### WORK TASK
The expected output is the data itself, duplicated in full.

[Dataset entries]
################

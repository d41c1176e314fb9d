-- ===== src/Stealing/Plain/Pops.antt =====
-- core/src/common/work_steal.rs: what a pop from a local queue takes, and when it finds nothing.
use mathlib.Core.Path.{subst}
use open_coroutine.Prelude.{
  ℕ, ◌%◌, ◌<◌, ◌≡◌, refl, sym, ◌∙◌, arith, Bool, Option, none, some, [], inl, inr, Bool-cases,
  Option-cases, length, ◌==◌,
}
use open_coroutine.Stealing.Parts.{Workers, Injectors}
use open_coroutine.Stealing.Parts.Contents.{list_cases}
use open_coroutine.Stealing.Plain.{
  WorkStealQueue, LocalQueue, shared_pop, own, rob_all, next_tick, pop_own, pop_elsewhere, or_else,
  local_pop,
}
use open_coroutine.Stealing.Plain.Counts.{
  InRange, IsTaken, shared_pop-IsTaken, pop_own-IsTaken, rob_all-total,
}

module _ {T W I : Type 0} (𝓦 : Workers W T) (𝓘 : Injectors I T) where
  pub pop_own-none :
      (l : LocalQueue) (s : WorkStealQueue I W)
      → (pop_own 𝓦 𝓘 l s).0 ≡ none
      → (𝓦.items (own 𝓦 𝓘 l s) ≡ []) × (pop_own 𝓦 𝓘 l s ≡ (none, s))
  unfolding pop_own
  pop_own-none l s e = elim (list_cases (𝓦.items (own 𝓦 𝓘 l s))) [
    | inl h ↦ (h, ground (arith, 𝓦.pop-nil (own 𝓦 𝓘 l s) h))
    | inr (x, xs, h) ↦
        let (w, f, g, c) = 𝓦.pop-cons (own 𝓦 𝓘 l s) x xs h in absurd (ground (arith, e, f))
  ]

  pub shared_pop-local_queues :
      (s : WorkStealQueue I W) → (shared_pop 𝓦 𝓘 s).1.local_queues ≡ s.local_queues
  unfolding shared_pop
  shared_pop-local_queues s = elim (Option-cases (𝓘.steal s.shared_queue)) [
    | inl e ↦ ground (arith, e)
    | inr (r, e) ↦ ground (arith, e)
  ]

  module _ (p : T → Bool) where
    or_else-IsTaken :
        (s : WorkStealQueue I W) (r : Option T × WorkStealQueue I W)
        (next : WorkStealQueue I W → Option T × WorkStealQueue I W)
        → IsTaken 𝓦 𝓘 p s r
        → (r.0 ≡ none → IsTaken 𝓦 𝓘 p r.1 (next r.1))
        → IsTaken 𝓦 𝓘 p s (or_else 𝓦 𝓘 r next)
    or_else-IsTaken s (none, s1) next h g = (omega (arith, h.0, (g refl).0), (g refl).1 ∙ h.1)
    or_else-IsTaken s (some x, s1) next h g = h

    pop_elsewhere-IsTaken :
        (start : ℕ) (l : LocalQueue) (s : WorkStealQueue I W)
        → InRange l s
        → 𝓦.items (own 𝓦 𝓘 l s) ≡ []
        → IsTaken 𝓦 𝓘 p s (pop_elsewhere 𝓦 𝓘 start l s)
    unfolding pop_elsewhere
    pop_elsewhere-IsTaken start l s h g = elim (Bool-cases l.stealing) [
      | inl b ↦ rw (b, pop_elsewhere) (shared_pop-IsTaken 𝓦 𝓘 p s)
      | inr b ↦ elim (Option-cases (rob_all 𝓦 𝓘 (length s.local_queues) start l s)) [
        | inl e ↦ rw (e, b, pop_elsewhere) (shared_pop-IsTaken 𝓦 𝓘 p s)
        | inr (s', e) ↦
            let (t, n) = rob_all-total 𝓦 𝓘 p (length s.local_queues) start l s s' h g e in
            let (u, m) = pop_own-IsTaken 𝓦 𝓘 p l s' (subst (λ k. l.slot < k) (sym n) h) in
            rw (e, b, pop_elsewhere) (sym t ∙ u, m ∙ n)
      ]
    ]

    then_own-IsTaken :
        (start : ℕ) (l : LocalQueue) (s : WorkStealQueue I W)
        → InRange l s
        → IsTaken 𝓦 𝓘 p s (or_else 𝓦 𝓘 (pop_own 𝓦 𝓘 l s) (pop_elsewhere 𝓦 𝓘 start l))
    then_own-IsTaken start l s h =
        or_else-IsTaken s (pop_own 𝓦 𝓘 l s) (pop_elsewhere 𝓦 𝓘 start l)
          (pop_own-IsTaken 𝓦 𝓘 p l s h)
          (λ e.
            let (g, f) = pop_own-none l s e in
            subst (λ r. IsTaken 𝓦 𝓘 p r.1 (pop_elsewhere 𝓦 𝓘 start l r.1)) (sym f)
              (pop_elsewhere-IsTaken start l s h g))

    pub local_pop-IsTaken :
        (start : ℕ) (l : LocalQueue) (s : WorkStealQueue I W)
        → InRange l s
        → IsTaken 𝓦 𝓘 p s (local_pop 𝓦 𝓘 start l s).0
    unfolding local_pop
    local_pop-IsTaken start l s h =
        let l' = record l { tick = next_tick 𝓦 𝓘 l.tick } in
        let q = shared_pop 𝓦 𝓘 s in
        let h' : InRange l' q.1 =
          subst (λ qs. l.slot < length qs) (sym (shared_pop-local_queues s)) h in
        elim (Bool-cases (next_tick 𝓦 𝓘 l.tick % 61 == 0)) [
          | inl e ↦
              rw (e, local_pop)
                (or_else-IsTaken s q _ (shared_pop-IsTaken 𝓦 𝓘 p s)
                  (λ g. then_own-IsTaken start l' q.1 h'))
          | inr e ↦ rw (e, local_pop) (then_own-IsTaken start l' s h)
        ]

################

### OUTPUT OF THE TASK
repository d41c1176e314fb9d
-- ===== src/Stealing/Plain/Pops.antt =====
-- core/src/common/work_steal.rs: what a pop from a local queue takes, and when it finds nothing.
use mathlib.Core.Path.{subst}
use open_coroutine.Prelude.{
  ℕ, ◌%◌, ◌<◌, ◌≡◌, refl, sym, ◌∙◌, arith, Bool, Option, none, some, [], inl, inr, Bool-cases,
  Option-cases, length, ◌==◌,
}
use open_coroutine.Stealing.Parts.{Workers, Injectors}
use open_coroutine.Stealing.Parts.Contents.{list_cases}
use open_coroutine.Stealing.Plain.{
  WorkStealQueue, LocalQueue, shared_pop, own, rob_all, next_tick, pop_own, pop_elsewhere, or_else,
  local_pop,
}
use open_coroutine.Stealing.Plain.Counts.{
  InRange, IsTaken, shared_pop-IsTaken, pop_own-IsTaken, rob_all-total,
}

module _ {T W I : Type 0} (𝓦 : Workers W T) (𝓘 : Injectors I T) where
  pub pop_own-none :
      (l : LocalQueue) (s : WorkStealQueue I W)
      → (pop_own 𝓦 𝓘 l s).0 ≡ none
      → (𝓦.items (own 𝓦 𝓘 l s) ≡ []) × (pop_own 𝓦 𝓘 l s ≡ (none, s))
  unfolding pop_own
  pop_own-none l s e = elim (list_cases (𝓦.items (own 𝓦 𝓘 l s))) [
    | inl h ↦ (h, ground (arith, 𝓦.pop-nil (own 𝓦 𝓘 l s) h))
    | inr (x, xs, h) ↦
        let (w, f, g, c) = 𝓦.pop-cons (own 𝓦 𝓘 l s) x xs h in absurd (ground (arith, e, f))
  ]

  pub shared_pop-local_queues :
      (s : WorkStealQueue I W) → (shared_pop 𝓦 𝓘 s).1.local_queues ≡ s.local_queues
  unfolding shared_pop
  shared_pop-local_queues s = elim (Option-cases (𝓘.steal s.shared_queue)) [
    | inl e ↦ ground (arith, e)
    | inr (r, e) ↦ ground (arith, e)
  ]

  module _ (p : T → Bool) where
    or_else-IsTaken :
        (s : WorkStealQueue I W) (r : Option T × WorkStealQueue I W)
        (next : WorkStealQueue I W → Option T × WorkStealQueue I W)
        → IsTaken 𝓦 𝓘 p s r
        → (r.0 ≡ none → IsTaken 𝓦 𝓘 p r.1 (next r.1))
        → IsTaken 𝓦 𝓘 p s (or_else 𝓦 𝓘 r next)
    or_else-IsTaken s (none, s1) next h g = (omega (arith, h.0, (g refl).0), (g refl).1 ∙ h.1)
    or_else-IsTaken s (some x, s1) next h g = h

    pop_elsewhere-IsTaken :
        (start : ℕ) (l : LocalQueue) (s : WorkStealQueue I W)
        → InRange l s
        → 𝓦.items (own 𝓦 𝓘 l s) ≡ []
        → IsTaken 𝓦 𝓘 p s (pop_elsewhere 𝓦 𝓘 start l s)
    unfolding pop_elsewhere
    pop_elsewhere-IsTaken start l s h g = elim (Bool-cases l.stealing) [
      | inl b ↦ rw (b, pop_elsewhere) (shared_pop-IsTaken 𝓦 𝓘 p s)
      | inr b ↦ elim (Option-cases (rob_all 𝓦 𝓘 (length s.local_queues) start l s)) [
        | inl e ↦ rw (e, b, pop_elsewhere) (shared_pop-IsTaken 𝓦 𝓘 p s)
        | inr (s', e) ↦
            let (t, n) = rob_all-total 𝓦 𝓘 p (length s.local_queues) start l s s' h g e in
            let (u, m) = pop_own-IsTaken 𝓦 𝓘 p l s' (subst (λ k. l.slot < k) (sym n) h) in
            rw (e, b, pop_elsewhere) (sym t ∙ u, m ∙ n)
      ]
    ]

    then_own-IsTaken :
        (start : ℕ) (l : LocalQueue) (s : WorkStealQueue I W)
        → InRange l s
        → IsTaken 𝓦 𝓘 p s (or_else 𝓦 𝓘 (pop_own 𝓦 𝓘 l s) (pop_elsewhere 𝓦 𝓘 start l))
    then_own-IsTaken start l s h =
        or_else-IsTaken s (pop_own 𝓦 𝓘 l s) (pop_elsewhere 𝓦 𝓘 start l)
          (pop_own-IsTaken 𝓦 𝓘 p l s h)
          (λ e.
            let (g, f) = pop_own-none l s e in
            subst (λ r. IsTaken 𝓦 𝓘 p r.1 (pop_elsewhere 𝓦 𝓘 start l r.1)) (sym f)
              (pop_elsewhere-IsTaken start l s h g))

    pub local_pop-IsTaken :
        (start : ℕ) (l : LocalQueue) (s : WorkStealQueue I W)
        → InRange l s
        → IsTaken 𝓦 𝓘 p s (local_pop 𝓦 𝓘 start l s).0
    unfolding local_pop
    local_pop-IsTaken start l s h =
        let l' = record l { tick = next_tick 𝓦 𝓘 l.tick } in
        let q = shared_pop 𝓦 𝓘 s in
        let h' : InRange l' q.1 =
          subst (λ qs. l.slot < length qs) (sym (shared_pop-local_queues s)) h in
        elim (Bool-cases (next_tick 𝓦 𝓘 l.tick % 61 == 0)) [
          | inl e ↦
              rw (e, local_pop)
                (or_else-IsTaken s q _ (shared_pop-IsTaken 𝓦 𝓘 p s)
                  (λ g. then_own-IsTaken start l' q.1 h'))
          | inr e ↦ rw (e, local_pop) (then_own-IsTaken start l' s h)
        ]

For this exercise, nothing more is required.